↓↓↓

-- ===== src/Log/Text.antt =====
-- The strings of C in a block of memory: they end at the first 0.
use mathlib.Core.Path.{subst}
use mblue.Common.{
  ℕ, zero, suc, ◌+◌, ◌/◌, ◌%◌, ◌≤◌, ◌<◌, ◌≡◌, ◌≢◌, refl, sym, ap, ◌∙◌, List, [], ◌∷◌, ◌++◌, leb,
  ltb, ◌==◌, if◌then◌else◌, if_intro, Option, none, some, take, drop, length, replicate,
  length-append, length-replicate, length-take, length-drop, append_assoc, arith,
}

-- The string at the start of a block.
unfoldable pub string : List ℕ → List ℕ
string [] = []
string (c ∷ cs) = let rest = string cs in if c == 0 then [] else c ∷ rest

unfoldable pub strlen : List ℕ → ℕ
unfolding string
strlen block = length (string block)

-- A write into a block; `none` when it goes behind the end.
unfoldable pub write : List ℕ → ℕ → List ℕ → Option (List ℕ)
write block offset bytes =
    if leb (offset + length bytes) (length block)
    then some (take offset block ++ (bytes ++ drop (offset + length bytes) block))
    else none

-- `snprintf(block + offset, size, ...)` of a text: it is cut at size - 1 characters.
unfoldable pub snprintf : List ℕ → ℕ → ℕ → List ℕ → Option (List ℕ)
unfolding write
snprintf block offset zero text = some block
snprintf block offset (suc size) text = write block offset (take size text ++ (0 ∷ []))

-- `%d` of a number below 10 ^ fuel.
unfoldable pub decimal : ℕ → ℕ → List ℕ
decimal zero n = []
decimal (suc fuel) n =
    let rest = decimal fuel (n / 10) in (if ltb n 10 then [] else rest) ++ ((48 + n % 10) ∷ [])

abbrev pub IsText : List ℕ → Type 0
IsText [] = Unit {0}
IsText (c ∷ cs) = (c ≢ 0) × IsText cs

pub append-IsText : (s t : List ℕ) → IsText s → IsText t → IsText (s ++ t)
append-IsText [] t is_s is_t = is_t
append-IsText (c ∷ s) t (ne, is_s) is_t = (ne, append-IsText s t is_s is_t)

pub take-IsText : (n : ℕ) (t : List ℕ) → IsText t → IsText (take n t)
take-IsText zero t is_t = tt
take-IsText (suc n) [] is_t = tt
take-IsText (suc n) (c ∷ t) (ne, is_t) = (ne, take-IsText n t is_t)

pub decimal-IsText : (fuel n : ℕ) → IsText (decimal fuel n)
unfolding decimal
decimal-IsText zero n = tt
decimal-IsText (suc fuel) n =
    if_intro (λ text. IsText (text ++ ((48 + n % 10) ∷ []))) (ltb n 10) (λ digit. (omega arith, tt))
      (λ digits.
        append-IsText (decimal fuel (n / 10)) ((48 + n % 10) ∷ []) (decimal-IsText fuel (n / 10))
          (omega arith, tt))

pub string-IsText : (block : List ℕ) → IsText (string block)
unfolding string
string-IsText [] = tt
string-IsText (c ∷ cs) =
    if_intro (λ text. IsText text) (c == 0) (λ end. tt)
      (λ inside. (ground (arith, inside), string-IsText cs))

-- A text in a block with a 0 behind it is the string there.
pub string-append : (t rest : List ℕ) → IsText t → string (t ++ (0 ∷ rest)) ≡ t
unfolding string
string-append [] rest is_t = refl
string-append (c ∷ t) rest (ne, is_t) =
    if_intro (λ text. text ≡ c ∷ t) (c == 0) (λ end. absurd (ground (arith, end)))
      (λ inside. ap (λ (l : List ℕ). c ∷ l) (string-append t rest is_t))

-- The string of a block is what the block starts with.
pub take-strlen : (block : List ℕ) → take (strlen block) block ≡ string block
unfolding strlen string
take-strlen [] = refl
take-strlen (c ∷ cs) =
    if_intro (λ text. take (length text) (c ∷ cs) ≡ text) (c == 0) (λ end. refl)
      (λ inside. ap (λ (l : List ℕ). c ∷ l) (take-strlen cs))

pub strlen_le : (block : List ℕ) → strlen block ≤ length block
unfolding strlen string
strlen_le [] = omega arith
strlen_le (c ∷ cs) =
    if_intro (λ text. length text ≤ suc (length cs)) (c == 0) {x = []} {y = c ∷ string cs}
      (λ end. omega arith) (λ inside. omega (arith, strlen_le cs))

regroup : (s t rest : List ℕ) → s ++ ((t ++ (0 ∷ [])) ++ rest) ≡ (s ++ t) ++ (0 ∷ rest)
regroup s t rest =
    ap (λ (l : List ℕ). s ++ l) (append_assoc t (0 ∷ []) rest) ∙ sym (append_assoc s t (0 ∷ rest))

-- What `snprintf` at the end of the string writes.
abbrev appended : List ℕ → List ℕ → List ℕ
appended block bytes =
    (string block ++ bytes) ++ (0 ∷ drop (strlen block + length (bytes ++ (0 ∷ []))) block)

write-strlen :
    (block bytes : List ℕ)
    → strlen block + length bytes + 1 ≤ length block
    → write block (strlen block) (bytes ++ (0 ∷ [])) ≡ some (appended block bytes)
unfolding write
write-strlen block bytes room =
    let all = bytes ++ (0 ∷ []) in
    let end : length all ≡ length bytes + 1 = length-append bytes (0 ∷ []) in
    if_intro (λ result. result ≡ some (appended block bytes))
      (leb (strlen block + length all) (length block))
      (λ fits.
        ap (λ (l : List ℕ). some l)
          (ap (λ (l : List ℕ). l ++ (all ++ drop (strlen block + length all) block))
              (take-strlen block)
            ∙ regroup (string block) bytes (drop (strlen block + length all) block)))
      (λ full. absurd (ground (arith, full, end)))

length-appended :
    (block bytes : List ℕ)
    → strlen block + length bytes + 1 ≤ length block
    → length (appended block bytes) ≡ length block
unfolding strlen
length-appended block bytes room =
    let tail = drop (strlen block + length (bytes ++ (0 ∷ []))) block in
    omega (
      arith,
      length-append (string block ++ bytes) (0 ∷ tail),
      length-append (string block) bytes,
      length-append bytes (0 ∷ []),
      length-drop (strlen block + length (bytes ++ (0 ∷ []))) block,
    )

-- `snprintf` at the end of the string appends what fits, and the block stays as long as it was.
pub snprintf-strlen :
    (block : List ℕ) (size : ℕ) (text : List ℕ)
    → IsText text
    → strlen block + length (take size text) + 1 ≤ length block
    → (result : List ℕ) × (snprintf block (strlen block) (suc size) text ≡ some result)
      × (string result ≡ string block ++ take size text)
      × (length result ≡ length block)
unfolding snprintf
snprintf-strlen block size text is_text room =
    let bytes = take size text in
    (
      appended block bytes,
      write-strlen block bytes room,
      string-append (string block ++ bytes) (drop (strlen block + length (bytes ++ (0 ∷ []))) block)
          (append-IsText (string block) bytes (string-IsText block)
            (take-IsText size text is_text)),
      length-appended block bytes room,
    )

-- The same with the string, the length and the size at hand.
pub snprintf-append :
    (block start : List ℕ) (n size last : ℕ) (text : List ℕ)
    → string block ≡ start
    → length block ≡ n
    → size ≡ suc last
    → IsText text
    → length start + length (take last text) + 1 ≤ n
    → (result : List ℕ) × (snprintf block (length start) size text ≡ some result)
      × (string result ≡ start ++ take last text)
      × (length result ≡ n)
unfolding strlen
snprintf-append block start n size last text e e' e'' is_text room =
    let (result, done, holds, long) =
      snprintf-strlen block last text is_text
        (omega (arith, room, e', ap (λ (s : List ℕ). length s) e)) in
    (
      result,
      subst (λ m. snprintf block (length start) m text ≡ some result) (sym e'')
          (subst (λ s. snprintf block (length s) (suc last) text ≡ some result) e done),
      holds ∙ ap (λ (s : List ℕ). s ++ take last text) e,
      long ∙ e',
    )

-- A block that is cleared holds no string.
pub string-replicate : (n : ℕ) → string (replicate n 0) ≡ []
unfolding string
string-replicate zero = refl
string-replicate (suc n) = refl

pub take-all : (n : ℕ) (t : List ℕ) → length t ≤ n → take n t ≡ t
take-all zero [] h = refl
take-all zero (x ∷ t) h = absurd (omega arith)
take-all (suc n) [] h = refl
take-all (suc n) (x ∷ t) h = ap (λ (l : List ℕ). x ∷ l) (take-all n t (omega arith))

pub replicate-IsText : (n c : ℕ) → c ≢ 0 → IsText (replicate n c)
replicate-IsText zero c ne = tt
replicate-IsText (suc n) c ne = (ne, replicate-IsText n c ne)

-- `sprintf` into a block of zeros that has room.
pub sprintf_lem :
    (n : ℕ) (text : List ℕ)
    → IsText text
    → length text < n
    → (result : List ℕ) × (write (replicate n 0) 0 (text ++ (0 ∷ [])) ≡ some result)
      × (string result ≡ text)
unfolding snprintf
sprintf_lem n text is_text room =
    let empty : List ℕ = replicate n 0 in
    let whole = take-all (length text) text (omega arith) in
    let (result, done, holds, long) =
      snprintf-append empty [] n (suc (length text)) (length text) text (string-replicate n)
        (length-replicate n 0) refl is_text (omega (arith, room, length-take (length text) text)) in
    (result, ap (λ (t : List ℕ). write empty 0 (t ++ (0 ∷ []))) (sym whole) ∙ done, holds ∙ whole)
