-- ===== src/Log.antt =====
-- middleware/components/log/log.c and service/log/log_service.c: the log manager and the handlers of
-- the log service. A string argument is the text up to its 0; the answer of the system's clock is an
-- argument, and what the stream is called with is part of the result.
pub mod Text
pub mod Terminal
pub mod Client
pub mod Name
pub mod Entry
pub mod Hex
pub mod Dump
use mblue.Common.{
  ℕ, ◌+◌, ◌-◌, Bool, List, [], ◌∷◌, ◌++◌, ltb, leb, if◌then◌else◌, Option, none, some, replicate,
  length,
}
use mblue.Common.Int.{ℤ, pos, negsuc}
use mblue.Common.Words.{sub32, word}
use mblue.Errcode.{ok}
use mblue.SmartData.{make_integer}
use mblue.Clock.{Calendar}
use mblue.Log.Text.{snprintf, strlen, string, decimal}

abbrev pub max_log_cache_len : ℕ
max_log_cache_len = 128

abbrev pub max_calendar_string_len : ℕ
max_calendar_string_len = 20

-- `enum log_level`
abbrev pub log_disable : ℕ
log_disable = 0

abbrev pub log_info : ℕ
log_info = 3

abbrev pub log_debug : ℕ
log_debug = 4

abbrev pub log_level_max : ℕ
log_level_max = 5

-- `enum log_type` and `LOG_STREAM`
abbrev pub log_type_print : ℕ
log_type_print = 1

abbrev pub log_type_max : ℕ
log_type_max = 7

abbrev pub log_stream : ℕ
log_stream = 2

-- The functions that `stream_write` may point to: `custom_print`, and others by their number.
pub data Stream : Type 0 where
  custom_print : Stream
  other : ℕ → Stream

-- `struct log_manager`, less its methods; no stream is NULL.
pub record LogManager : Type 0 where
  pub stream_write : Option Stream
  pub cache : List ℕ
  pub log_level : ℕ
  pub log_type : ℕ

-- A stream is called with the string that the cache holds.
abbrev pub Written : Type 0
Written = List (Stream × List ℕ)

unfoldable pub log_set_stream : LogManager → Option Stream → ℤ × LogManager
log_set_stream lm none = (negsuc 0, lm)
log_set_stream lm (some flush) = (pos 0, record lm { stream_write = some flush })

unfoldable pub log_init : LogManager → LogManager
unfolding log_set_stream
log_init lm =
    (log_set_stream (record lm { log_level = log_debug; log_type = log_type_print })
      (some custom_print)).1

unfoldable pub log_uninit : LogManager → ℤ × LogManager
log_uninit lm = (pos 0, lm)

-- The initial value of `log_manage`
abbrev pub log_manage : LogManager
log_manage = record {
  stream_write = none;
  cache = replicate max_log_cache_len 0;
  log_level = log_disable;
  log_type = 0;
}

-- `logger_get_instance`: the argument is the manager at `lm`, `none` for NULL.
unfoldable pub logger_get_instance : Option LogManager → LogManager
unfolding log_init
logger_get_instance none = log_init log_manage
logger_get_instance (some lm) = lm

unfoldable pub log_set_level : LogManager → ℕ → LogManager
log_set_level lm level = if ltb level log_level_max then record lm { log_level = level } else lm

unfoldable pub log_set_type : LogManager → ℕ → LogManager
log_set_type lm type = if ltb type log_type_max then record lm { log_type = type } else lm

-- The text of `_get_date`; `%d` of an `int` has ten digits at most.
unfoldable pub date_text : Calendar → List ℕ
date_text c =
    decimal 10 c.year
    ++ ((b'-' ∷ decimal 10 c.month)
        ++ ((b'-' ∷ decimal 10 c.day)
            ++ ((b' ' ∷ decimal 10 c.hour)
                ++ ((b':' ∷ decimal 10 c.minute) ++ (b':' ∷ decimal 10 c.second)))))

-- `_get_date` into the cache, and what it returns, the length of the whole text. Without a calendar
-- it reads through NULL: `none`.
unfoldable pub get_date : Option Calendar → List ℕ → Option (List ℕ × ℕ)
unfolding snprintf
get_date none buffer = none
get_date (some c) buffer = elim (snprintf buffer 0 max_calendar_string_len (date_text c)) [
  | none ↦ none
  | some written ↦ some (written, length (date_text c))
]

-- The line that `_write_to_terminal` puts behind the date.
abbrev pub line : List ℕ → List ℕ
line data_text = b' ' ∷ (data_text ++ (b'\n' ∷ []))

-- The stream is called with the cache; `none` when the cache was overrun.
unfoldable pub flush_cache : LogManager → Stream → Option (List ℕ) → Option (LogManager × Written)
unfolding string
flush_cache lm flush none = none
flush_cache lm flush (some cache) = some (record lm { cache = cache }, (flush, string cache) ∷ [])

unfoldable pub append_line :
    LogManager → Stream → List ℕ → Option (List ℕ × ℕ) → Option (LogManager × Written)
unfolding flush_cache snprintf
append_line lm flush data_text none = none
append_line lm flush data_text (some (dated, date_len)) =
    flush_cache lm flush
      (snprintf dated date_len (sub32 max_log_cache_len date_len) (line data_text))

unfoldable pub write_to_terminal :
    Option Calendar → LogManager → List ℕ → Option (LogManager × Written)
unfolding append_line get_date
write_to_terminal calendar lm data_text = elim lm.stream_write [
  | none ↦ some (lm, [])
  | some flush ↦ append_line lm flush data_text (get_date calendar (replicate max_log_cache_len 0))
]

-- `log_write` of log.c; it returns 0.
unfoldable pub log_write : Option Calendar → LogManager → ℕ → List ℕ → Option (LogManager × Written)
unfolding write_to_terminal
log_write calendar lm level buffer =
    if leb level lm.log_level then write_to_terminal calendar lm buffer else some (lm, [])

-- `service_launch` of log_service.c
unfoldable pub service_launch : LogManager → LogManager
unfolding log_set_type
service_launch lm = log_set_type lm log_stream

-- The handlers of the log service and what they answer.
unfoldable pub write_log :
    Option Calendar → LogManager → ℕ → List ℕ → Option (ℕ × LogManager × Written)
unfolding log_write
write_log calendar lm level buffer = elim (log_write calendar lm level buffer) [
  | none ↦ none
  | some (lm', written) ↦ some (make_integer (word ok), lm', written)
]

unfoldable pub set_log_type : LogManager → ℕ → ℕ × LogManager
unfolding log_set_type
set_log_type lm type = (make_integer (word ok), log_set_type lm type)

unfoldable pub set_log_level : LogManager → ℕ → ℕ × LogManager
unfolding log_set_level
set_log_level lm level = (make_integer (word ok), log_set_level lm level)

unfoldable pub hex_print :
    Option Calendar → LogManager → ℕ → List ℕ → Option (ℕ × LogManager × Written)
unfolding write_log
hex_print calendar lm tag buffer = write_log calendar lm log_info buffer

↑↑↑

**What you are asked to do:** Among the entries above, locate the lines containing "pub strlen_le : (block" and "(λ end. omega", and transcribe exactly those two lines and all lines between.

**Written solution:**
pub strlen_le : (block : List ℕ) → strlen block ≤ length block
unfolding strlen string
strlen_le [] = omega arith
strlen_le (c ∷ cs) =
    if_intro (λ text. length text ≤ suc (length cs)) (c == 0) {x = []} {y = c ∷ string cs}
      (λ end. omega arith) (λ inside. omega (arith, strlen_le cs))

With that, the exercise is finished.